"""

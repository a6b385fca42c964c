-- ===== src/Doram/GigaDoram/Bottom/Kept.antt =====
-- The cleanse of a bottom level without an initial one keeps the real entries, in their order.
use gigadoram_rs.Base.{
  ℕ, zero, suc, ◌+◌, ◌^◌, ◌<◌, ◌≤◌, ◌≡◌, refl, sym, ap, ap₂, subst, ◌∙◌, arith, List, [], ◌∷◌, ◌++◌,
  map, some, Bool, true, false, lt→ltb, ==_iff, if◌then◌else◌, length, take, resize, length-map,
  length-resize, length-take, Bool-cases, inl, inr,
}
use gigadoram_rs.Base.Powers.{two_pow_le, two_pow_add}
use gigadoram_rs.Primitives.Rep3.{Word, zero_word}
use gigadoram_rs.Primitives.Value.{DoramValue, Record, get_y_values, get_alibis, from_columns}
use gigadoram_rs.Primitives.ArrayShuffle.{ArrayShuffler}
use gigadoram_rs.Circuits.ObliviousSort.{sort}
use gigadoram_rs.Circuits.ObliviousSort.Positions.{real_rows, dummy_rows}
use gigadoram_rs.Circuits.ObliviousSort.Sorted.{IsPermutation, sort_lem}
use gigadoram_rs.Doram.Config.{GigaDoramConfig}
use gigadoram_rs.Doram.GigaDoram.State.{bottom_num_elements, dummy_label}
use gigadoram_rs.Doram.GigaDoram.Bottom.{
  is_dummy, replace_if_dummy, dummy_labels, relabel_dummies, next_power_of_two, real_entries,
  cleanse_sorted, cleanse_bottom_level, finalize_bottom_level,
}
use gigadoram_rs.Doram.GigaDoram.Bottom.Length.{next_power_of_two-le}

-- Padding with flagged rows adds no row without the flag.
real_rows-resize :
    {A : Type 0} (n : ℕ) (flags : List Bool) (rows : List A) (a : A)
    → length rows ≡ length flags
    → length flags ≤ n
    → real_rows (resize n true flags) (resize n a rows) ≡ real_rows flags rows
real_rows-resize zero [] rows a same fits = refl
real_rows-resize zero (f ∷ fs) rows a same fits = absurd (omega (arith, fits))
real_rows-resize (suc n) [] [] a same fits = real_rows-resize n [] [] a refl (omega arith)
real_rows-resize (suc n) [] (row ∷ rows) a same fits = absurd (omega (arith, same))
real_rows-resize (suc n) (f ∷ fs) [] a same fits = absurd (omega (arith, same))
real_rows-resize (suc n) (false ∷ fs) (row ∷ rows) a same fits =
    ap (λ rs. row ∷ rs) (real_rows-resize n fs rows a (omega (arith, same)) (omega (arith, fits)))
real_rows-resize (suc n) (true ∷ fs) (row ∷ rows) a same fits =
    real_rows-resize n fs rows a (omega (arith, same)) (omega (arith, fits))

-- The rows without the flag are the columns of the real entries.
real_rows-xs :
    {B : Type 0} (log_n : ℕ) (xs : List ℕ) (ys : List B)
    → length xs ≡ length ys
    → real_rows (map (is_dummy log_n) xs) xs ≡ map (λ e. e.0) (real_entries log_n xs ys)
real_rows-xs log_n [] ys same = refl
real_rows-xs log_n (x ∷ xs) [] same = absurd (omega (arith, same))
real_rows-xs log_n (x ∷ xs) (y ∷ ys) same = elim (Bool-cases (is_dummy log_n x)) [
  | inl dummy ↦ rw dummy (real_rows-xs log_n xs ys (omega (arith, same)))
  | inr real ↦ rw real (ap (λ rs. x ∷ rs) (real_rows-xs log_n xs ys (omega (arith, same))))
]

real_rows-ys :
    {B C : Type 0} (f : B → C) (log_n : ℕ) (xs : List ℕ) (ys : List B)
    → length xs ≡ length ys
    → real_rows (map (is_dummy log_n) xs) (map f ys) ≡ map (λ e. f e.1) (real_entries log_n xs ys)
real_rows-ys f log_n [] ys same = refl
real_rows-ys f log_n (x ∷ xs) [] same = absurd (omega (arith, same))
real_rows-ys f log_n (x ∷ xs) (y ∷ ys) same = elim (Bool-cases (is_dummy log_n x)) [
  | inl dummy ↦ rw dummy (real_rows-ys f log_n xs ys (omega (arith, same)))
  | inr real ↦ rw real (ap (λ rs. f y ∷ rs) (real_rows-ys f log_n xs ys (omega (arith, same))))
]

-- Entries of which none is a dummy.
abbrev AllReal : {B : Type 0} → ℕ → List (ℕ × B) → Type 0
AllReal log_n [] = Unit {0}
AllReal log_n (e ∷ es) = (is_dummy log_n e.0 ≡ false) × AllReal log_n es

real_entries-AllReal :
    {B : Type 0} (log_n : ℕ) (xs : List ℕ) (ys : List B) → AllReal log_n (real_entries log_n xs ys)
real_entries-AllReal log_n [] ys = tt
real_entries-AllReal log_n (x ∷ xs) [] = tt
real_entries-AllReal log_n (x ∷ xs) (y ∷ ys) = elim (Bool-cases (is_dummy log_n x)) [
  | inl dummy ↦ rw dummy (real_entries-AllReal log_n xs ys)
  | inr real ↦ rw real (real, real_entries-AllReal log_n xs ys)
]

-- Real addresses at the front stay, whatever the labels are.
replace_if_dummy-prefix :
    {B : Type 0} (log_n n : ℕ) (es : List (ℕ × B)) (rest labels : List ℕ)
    → AllReal log_n es
    → length es ≤ n
    → length labels ≡ length (take n (map (λ e. e.0) es ++ rest))
    → take (length es) (replace_if_dummy log_n (take n (map (λ e. e.0) es ++ rest)) labels)
      ≡ map (λ e. e.0) es
replace_if_dummy-prefix log_n n [] rest labels real fits same = refl
replace_if_dummy-prefix log_n zero (e ∷ es) rest labels real fits same =
    absurd (omega (arith, fits))
replace_if_dummy-prefix log_n (suc n) (e ∷ es) rest [] real fits same = absurd (omega (arith, same))
replace_if_dummy-prefix log_n (suc n) (e ∷ es) rest (l ∷ labels) (real, others) fits same =
    ap₂ (λ (x : ℕ) xs. x ∷ xs) (ap (λ b. if b then l else e.0) real)
      (replace_if_dummy-prefix log_n n es rest labels others (omega (arith, fits))
        (omega (arith, same)))

from_columns-prefix :
    {V : Type 0} (n : ℕ) (es : List (ℕ × Record V)) (vs : List V) (ws : List Word)
    → length es ≤ n
    → take (length es) (
        from_columns
          (take n (map (λ e. e.1.value) es ++ vs))
          (take n (map (λ e. e.1.alibi) es ++ ws)))
      ≡ map (λ e. e.1) es
from_columns-prefix n [] vs ws fits = refl
from_columns-prefix zero (e ∷ es) vs ws fits = absurd (omega (arith, fits))
from_columns-prefix (suc n) (e ∷ es) vs ws fits =
    ap (λ rs. e.1 ∷ rs) (from_columns-prefix n es vs ws (omega (arith, fits)))

-- The labels that fit the address type.
dummy_labels_lem :
    (c : GigaDoramConfig) (i count : ℕ)
    → 2 ^ c.log_address_space_size + (i + count) ≤ 2 ^ 32
    → (labels : List ℕ) × (dummy_labels c i count ≡ some labels) × (length labels ≡ count)
unfolding dummy_labels dummy_label
dummy_labels_lem c i zero fits = ([], refl, refl)
dummy_labels_lem c i (suc count) fits =
    let (rest, e, same) = dummy_labels_lem c (suc i) count (omega (arith, fits)) in
    (
      (2 ^ c.log_address_space_size + i) ∷ rest,
      rw (lt→ltb (2 ^ c.log_address_space_size + i) (2 ^ 32) (omega (arith, fits)), e) refl,
      ap suc same,
    )

module _ {V : Type 0} ⦃d : DoramValue V⦄ (c : GigaDoramConfig) (shuffler : ArrayShuffler)
    (perm xs : List ℕ) (ys : List (Record V)) (same : length xs ≡ length ys)
    (shuffled : IsPermutation (next_power_of_two (length xs)) perm)
    (small : next_power_of_two (length xs) < 2 ^ 32) (labels_fit : c.log_address_space_size < 32)
    (fits : length (real_entries c.log_address_space_size xs ys) ≤ bottom_num_elements c) where
  abbrev real : List (ℕ × Record V)
  real = real_entries c.log_address_space_size xs ys

  abbrev sort_len : ℕ
  sort_len = next_power_of_two (length xs)

  abbrev flags : List Bool
  flags = resize sort_len true (map (is_dummy c.log_address_space_size) xs)

  -- A sorted column: the real entries' part, and the rest.
  column :
      {A : Type 0} (zero_row a : A) (rows : List A)
      → length rows ≡ length xs
      → sort perm zero_row flags (resize sort_len a rows)
        ≡ some (
            real_rows (map (is_dummy c.log_address_space_size) xs) rows
            ++ dummy_rows flags (resize sort_len a rows))
  column zero_row a rows sized =
      let marks = map (is_dummy c.log_address_space_size) xs in
      let marked = length-map xs (is_dummy c.log_address_space_size) in
      let flagged = length-resize sort_len true marks in
      sort_lem perm zero_row flags (resize sort_len a rows)
        (subst (λ (n : ℕ). IsPermutation n perm) (sym flagged) shuffled)
        (length-resize sort_len a rows ∙ sym flagged) (omega (arith, flagged, small))
      ∙ ap (λ rs. some (rs ++ dummy_rows flags (resize sort_len a rows)))
          (real_rows-resize sort_len marks rows a (sized ∙ sym marked)
            (omega (arith, marked, next_power_of_two-le (length xs))))

  abbrev rest_xs : List ℕ
  rest_xs = dummy_rows flags (resize sort_len (2 ^ c.log_address_space_size) xs)

  abbrev rest_values : List V
  rest_values = dummy_rows flags (resize sort_len d.zero_share (get_y_values ys))

  abbrev rest_alibis : List Word
  rest_alibis = dummy_rows flags (resize sort_len zero_word (get_alibis ys))

  sorted_xs :
      sort perm 0 flags (resize sort_len (2 ^ c.log_address_space_size) xs)
      ≡ some (map (λ e. e.0) real ++ rest_xs)
  sorted_xs =
      column 0 (2 ^ c.log_address_space_size) xs refl
      ∙ ap (λ rs. some (rs ++ rest_xs)) (real_rows-xs c.log_address_space_size xs ys same)

  sorted_values :
      sort perm d.zero_share flags (resize sort_len d.zero_share (get_y_values ys))
      ≡ some (map (λ e. e.1.value) real ++ rest_values)
  sorted_values =
      column d.zero_share d.zero_share (get_y_values ys)
        (length-map ys (λ (r : Record V). r.value) ∙ sym same)
      ∙ ap (λ rs. some (rs ++ rest_values))
          (real_rows-ys (λ (r : Record V). r.value) c.log_address_space_size xs ys same)

  sorted_alibis :
      sort perm zero_word flags (resize sort_len zero_word (get_alibis ys))
      ≡ some (map (λ e. e.1.alibi) real ++ rest_alibis)
  sorted_alibis =
      column zero_word zero_word (get_alibis ys)
        (length-map ys (λ (r : Record V). r.alibi) ∙ sym same)
      ∙ ap (λ rs. some (rs ++ rest_alibis))
          (real_rows-ys (λ (r : Record V). r.alibi) c.log_address_space_size xs ys same)

  abbrev cut_xs : List ℕ
  cut_xs = take (bottom_num_elements c) (map (λ e. e.0) real ++ rest_xs)

  labelled :
      (labels : List ℕ) × (dummy_labels c 0 (length cut_xs) ≡ some labels)
      × (length labels ≡ length cut_xs)
  labelled = dummy_labels_lem c 0 (length cut_xs) (
      omega (
        arith,
        length-take (bottom_num_elements c) (map (λ e. e.0) real ++ rest_xs),
        two_pow_add c.log_address_space_size 1,
        two_pow_le (c.log_address_space_size + 1) 32 (omega (arith, labels_fit)),
      ))

  -- Without an initial bottom level the cleanse of the bottom level succeeds, and what it returns
  -- begins with the entries whose address is not a dummy, in the order in which they came, each with
  -- its own record, whatever permutation the sort is run under. There are as many addresses as
  -- records, no more real entries than addresses in the address space, and fewer rows than ring
  -- elements.
  pub finalize_bottom_level-real_entries :
      (out_xs : List ℕ) × (out_ys : List (Record V)) × (finalize_bottom_level c false shuffler perm
          xs ys
        ≡ some (out_xs, out_ys))
      × (take (length (real_entries c.log_address_space_size xs ys)) out_xs
          ≡ map (λ e. e.0) (real_entries c.log_address_space_size xs ys))
      × (take (length (real_entries c.log_address_space_size xs ys)) out_ys
          ≡ map (λ e. e.1) (real_entries c.log_address_space_size xs ys))
  unfolding finalize_bottom_level cleanse_bottom_level cleanse_sorted relabel_dummies
  finalize_bottom_level-real_entries =
      let (labels, made, sized) = labelled in
      (
        replace_if_dummy c.log_address_space_size cut_xs labels,
        from_columns (take (bottom_num_elements c) (map (λ e. e.1.value) real ++ rest_values))
            (take (bottom_num_elements c) (map (λ e. e.1.alibi) real ++ rest_alibis)),
        rw ((==_iff _ _).1 same, sorted_xs, sorted_values, sorted_alibis, made) refl,
        replace_if_dummy-prefix c.log_address_space_size (bottom_num_elements c) real rest_xs labels
            (real_entries-AllReal c.log_address_space_size xs ys) fits sized,
        from_columns-prefix (bottom_num_elements c) real rest_values rest_alibis fits,
      )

"""

TASK GOAL —
Look through the records above for the string "addresses", then copy every line that has it.

SOLVED PROBLEM —
-- Real addresses at the front stay, whatever the labels are.
  -- its own record, whatever permutation the sort is run under. There are as many addresses as
  -- records, no more real entries than addresses in the address space, and fewer rows than ring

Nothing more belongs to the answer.